Look below for the line containing "entry_end owner s = do"; from there through the line containing "yield owner f", both lines included, please set down each line exactly and nothing else.

Segment Start: DATASET

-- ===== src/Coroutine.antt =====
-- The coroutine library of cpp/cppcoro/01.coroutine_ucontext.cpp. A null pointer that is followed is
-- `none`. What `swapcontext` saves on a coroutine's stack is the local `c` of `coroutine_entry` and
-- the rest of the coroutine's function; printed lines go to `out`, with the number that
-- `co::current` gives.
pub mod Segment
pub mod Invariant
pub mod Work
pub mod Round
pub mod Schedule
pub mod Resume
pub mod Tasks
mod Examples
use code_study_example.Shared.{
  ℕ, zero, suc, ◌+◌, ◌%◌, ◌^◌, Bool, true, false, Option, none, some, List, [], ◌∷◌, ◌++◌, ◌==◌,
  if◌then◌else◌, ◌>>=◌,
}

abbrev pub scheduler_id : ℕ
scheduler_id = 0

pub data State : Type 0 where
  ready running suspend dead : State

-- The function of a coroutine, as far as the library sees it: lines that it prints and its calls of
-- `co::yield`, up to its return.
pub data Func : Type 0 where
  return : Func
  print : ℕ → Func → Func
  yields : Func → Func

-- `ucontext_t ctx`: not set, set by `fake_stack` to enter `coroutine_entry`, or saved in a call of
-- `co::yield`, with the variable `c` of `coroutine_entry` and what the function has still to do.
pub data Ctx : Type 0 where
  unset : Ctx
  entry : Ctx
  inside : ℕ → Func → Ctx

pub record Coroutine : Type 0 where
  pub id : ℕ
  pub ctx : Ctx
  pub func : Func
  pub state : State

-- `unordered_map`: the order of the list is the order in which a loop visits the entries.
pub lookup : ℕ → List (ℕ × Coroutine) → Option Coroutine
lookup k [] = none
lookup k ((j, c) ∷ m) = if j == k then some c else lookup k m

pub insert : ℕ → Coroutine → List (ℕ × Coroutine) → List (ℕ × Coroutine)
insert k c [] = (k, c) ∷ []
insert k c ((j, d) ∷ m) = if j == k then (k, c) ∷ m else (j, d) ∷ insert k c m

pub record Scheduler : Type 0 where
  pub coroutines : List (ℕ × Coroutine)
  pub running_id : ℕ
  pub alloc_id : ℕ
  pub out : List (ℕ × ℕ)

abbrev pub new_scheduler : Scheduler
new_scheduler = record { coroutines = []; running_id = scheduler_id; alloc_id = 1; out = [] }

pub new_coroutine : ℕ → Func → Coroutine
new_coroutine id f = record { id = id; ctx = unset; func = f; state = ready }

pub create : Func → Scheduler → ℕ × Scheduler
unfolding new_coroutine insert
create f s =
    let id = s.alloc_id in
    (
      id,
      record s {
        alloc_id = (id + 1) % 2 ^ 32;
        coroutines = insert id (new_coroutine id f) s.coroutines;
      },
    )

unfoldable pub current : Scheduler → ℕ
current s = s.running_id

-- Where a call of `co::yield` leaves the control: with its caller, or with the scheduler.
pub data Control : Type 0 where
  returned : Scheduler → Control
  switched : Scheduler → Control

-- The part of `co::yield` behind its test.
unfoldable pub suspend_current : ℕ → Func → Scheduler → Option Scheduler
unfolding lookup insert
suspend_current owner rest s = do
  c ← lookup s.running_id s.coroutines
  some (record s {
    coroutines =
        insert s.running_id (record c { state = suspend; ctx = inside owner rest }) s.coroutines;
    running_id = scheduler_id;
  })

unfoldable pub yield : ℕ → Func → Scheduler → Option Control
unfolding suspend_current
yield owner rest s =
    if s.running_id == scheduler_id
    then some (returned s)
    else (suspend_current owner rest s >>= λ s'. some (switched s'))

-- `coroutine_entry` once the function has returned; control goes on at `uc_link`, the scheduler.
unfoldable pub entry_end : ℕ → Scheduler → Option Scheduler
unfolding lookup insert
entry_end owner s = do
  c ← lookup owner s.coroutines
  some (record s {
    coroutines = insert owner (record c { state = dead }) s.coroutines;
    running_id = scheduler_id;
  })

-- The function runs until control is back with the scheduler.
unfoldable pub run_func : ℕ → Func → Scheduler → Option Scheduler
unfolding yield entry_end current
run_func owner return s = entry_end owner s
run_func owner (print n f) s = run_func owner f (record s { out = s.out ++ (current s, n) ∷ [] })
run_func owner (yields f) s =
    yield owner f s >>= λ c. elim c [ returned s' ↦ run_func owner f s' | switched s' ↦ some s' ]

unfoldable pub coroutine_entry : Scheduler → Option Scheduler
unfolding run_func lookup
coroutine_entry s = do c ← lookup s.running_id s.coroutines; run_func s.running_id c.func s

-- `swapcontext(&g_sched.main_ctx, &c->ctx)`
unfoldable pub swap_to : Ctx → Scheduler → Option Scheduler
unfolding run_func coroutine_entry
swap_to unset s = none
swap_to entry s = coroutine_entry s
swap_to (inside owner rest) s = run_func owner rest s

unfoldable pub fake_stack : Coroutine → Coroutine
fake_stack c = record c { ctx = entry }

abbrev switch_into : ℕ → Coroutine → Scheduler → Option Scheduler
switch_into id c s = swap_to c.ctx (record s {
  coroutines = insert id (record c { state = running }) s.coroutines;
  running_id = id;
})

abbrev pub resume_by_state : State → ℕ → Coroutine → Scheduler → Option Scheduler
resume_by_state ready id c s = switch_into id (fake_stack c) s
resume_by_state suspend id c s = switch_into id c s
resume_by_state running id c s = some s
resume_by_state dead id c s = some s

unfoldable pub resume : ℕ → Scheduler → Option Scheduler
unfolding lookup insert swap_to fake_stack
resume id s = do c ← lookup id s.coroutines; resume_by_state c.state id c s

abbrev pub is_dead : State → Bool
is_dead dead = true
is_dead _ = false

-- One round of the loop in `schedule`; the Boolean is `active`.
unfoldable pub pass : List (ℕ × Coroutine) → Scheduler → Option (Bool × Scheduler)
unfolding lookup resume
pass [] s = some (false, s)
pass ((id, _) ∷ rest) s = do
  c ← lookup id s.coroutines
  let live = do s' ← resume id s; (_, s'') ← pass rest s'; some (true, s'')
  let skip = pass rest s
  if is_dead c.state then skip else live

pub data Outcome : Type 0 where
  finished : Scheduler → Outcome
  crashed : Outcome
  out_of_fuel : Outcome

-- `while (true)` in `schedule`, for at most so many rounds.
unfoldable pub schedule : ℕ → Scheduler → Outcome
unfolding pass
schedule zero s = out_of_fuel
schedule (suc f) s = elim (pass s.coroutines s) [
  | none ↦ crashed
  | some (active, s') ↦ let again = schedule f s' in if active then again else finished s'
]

Segment End: DATASET
Segment Start: DATASET

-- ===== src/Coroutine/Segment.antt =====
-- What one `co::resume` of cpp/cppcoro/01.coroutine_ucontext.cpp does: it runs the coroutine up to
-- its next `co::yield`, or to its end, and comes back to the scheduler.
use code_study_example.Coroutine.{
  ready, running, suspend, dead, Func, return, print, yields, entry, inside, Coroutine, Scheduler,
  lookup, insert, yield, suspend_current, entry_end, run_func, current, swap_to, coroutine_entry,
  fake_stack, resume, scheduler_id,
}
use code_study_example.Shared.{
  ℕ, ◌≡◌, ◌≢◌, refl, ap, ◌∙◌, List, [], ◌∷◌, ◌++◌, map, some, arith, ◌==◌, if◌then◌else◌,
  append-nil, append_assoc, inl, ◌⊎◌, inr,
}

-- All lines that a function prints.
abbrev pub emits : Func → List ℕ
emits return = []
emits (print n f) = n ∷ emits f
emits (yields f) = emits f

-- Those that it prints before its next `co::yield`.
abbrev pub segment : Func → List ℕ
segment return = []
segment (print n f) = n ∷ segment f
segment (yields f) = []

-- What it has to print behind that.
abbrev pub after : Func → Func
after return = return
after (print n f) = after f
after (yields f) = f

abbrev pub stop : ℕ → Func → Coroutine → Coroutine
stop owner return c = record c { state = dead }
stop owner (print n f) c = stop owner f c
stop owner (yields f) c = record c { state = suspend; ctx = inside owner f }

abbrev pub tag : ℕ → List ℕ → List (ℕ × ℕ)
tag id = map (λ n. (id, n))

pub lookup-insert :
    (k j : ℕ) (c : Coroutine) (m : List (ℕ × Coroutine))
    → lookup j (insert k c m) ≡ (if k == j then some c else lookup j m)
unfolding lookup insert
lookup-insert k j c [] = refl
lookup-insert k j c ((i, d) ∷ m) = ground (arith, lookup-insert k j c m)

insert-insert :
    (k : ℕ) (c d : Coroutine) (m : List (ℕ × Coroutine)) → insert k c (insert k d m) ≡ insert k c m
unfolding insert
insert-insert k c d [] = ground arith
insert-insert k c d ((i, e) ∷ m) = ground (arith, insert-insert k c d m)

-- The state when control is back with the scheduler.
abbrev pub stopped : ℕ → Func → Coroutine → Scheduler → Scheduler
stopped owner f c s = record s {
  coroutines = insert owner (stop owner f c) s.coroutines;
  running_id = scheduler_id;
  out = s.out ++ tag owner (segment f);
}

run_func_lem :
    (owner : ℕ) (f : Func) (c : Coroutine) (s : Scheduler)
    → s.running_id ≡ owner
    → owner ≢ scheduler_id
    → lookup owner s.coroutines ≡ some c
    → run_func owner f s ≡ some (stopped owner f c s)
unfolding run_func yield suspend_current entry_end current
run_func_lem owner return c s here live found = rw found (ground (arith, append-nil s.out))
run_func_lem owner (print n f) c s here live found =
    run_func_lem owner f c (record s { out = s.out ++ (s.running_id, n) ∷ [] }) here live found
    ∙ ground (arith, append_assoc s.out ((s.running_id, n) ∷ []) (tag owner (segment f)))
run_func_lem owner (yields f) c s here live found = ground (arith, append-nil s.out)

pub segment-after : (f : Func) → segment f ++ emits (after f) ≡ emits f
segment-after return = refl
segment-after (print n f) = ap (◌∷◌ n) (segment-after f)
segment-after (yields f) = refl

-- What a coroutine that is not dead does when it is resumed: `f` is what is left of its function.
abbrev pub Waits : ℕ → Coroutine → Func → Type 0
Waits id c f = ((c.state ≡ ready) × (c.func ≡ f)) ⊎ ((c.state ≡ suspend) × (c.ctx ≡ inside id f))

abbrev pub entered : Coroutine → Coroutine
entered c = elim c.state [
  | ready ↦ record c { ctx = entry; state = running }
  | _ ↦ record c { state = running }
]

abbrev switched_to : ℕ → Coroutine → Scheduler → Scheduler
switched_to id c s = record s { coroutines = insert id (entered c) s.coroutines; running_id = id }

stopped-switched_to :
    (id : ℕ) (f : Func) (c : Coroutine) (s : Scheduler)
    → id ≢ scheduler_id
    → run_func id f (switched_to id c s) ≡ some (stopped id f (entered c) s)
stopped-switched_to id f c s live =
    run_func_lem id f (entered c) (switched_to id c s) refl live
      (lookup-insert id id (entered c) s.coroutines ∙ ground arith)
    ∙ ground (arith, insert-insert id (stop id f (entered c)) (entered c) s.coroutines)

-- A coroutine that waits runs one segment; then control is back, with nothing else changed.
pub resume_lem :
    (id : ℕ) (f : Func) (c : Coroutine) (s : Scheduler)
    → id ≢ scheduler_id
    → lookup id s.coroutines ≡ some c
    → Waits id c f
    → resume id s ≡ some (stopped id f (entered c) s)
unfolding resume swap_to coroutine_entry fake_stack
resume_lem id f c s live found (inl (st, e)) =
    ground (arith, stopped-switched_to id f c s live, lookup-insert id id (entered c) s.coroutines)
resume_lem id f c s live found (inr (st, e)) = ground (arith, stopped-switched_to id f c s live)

Segment End: DATASET

RESPONSE:
entry_end owner s = do
  c ← lookup owner s.coroutines
  some (record s {
    coroutines = insert owner (record c { state = dead }) s.coroutines;
    running_id = scheduler_id;
  })

-- The function runs until control is back with the scheduler.
unfoldable pub run_func : ℕ → Func → Scheduler → Option Scheduler
unfolding yield entry_end current
run_func owner return s = entry_end owner s
run_func owner (print n f) s = run_func owner f (record s { out = s.out ++ (current s, n) ∷ [] })
run_func owner (yields f) s =
    yield owner f s >>= λ c. elim c [ returned s' ↦ run_func owner f s' | switched s' ↦ some s' ]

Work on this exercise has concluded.